I have the following setup in Azure:
- Public IP address (IPv4)
- Azure Application Gateway (Standard V2)
- V-NET with one subnet. AGW deployed to that subnet with 'Add IPv6 address space' checkbox disabled
- AppServices and Functions as backends
Everything is in West EU region if that matters.
I'm troubleshooting one problem and I noticed that AGW health probe does not contain an origin IPv4 address.

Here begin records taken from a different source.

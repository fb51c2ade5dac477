-- ===== src/Tests/Watchpoints.antt =====
-- An example for the sampled backend: every slot holds a store of the first thread.
use hip_moi.Prelude.{ℕ, ◌<◌, ◌≡◌, refl, true, some, List, [], ◌∷◌, get_or, arith}
use hip_moi.Common.Kinds.{AccessKind}
use hip_moi.Common.Hash.{mix32}
use hip_moi.Shadow.Kinds.{shadow_kind_from_access_kind, shadow_kind_is_empty, shadow_kind_conflicts}
use hip_moi.Shadow.Sampled.{
  decode_sampled_watchpoint_entry, pack_sampled_watchpoint_entry, encode_sampled_cell_count,
  range_end_cell, cell_ranges_overlap, sampled_watchpoints_conflict,
}
use hip_moi.Context.Storage.{Diagnostic, Storage, Context}
use hip_moi.Context.Subgroups.{
  subgroup_id, subgroup_epoch, thread_id, configured_subgroup_count, current_epoch, epoch_at,
}
use hip_moi.Context.Diagnostics.Counting.{Emitted}
use hip_moi.Context.Acquires.{current_access_acquired_prior_epoch, token_index}
use hip_moi.Context.Exact.{words_of}
use hip_moi.Context.Sampling.{sampled_watchpoint_slot, map_sampled_index}
use hip_moi.Context.Sampled.{watchpoint_word, record_sampled_watchpoint_range}
use hip_moi.Context.Sampled.Reports.{is_loud, displaced_reported}
use hip_moi.Tests.State.{buffer, launched, context_at, site_at}

abbrev published : ℕ
published = watchpoint_word (context_at 0 launched) AccessKind.store 0 2

abbrev watched : Storage
watched = record launched {
  sampled_watchpoints = some (published ∷ published ∷ published ∷ published ∷ []);
}

abbrev thread1 : Context
thread1 = context_at 1 watched

none-Emitted : Emitted watched buffer 0
none-Emitted = record { there = refl; room = refl; counted = refl }

loud :
    is_loud watched
      (decode_sampled_watchpoint_entry (watchpoint_word thread1 AccessKind.load 1 1))
      (get_or
        (words_of watched.sampled_watchpoints)
        (sampled_watchpoint_slot watched 1 (subgroup_epoch thread1))
        0)
    ≡ true
unfolding watchpoint_word decode_sampled_watchpoint_entry pack_sampled_watchpoint_entry
    encode_sampled_cell_count range_end_cell cell_ranges_overlap sampled_watchpoints_conflict
    shadow_kind_from_access_kind shadow_kind_is_empty shadow_kind_conflicts subgroup_id thread_id
    configured_subgroup_count current_epoch epoch_at current_access_acquired_prior_epoch token_index
    sampled_watchpoint_slot map_sampled_index mix32 get_or
loud = refl

displaced_reported_example :
    (buffer' : List Diagnostic) × (n' : ℕ) × Emitted
      (record_sampled_watchpoint_range thread1 AccessKind.load 1 1 4 4 (site_at 9) 77).storage
      buffer'
      n'
    × (0 < n')
displaced_reported_example =
    displaced_reported thread1 AccessKind.load 1 1 4 4 (site_at 9) 77 buffer 0 none-Emitted
      (omega arith) refl loud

I would expect a health probe request to originate from AGW subnet. In fact that's how it works in another environments with similar setups.
I have a simple Azure Function which I'm using for testing, it logs a list of IP addresses in X-Forwarded-From
header. Nothing fancy really:
if (request.Headers.TryGetValues("X-Forwarded-For", out var values)){
foreach(var val in values) log.LogInformation($"IP:{val}");
}
- When I call this function directly I can see one IP address there (an IP of my PC).
- When I call the AGW I can see three IPs (My PC's, Cloudflare's and one unknown IPv6 (???)).
- When AGW performs a health probe I can see just one IPv6 entry (same as above)
Where does this IPv6 (fde4:8dba:1200:xxxx:xxxx:xxx:xxxx:x
, looks like a ULA to me) address come from? Why don't I see an IPv4 address from the Subnet range?
And how can I enforce the IPv4 address to be present?
This situation breaks my IIS IP restriction rules.
I know I can whitelist IPv6 too:
<add ipAddress="2001:4898:2a:5:c4ad:9291:22b1:c870" subnetMask="ffff:ffff::" allowed="true" />
but that doesn't solve the mystery.
Make sure that you do not have the Microsoft.Web service endpoint enabled in your Application Gateway's subnet. That will cause traffic to App Services to be sent via that IPv6 endpoint instead of from the Application Gateway's public IP address.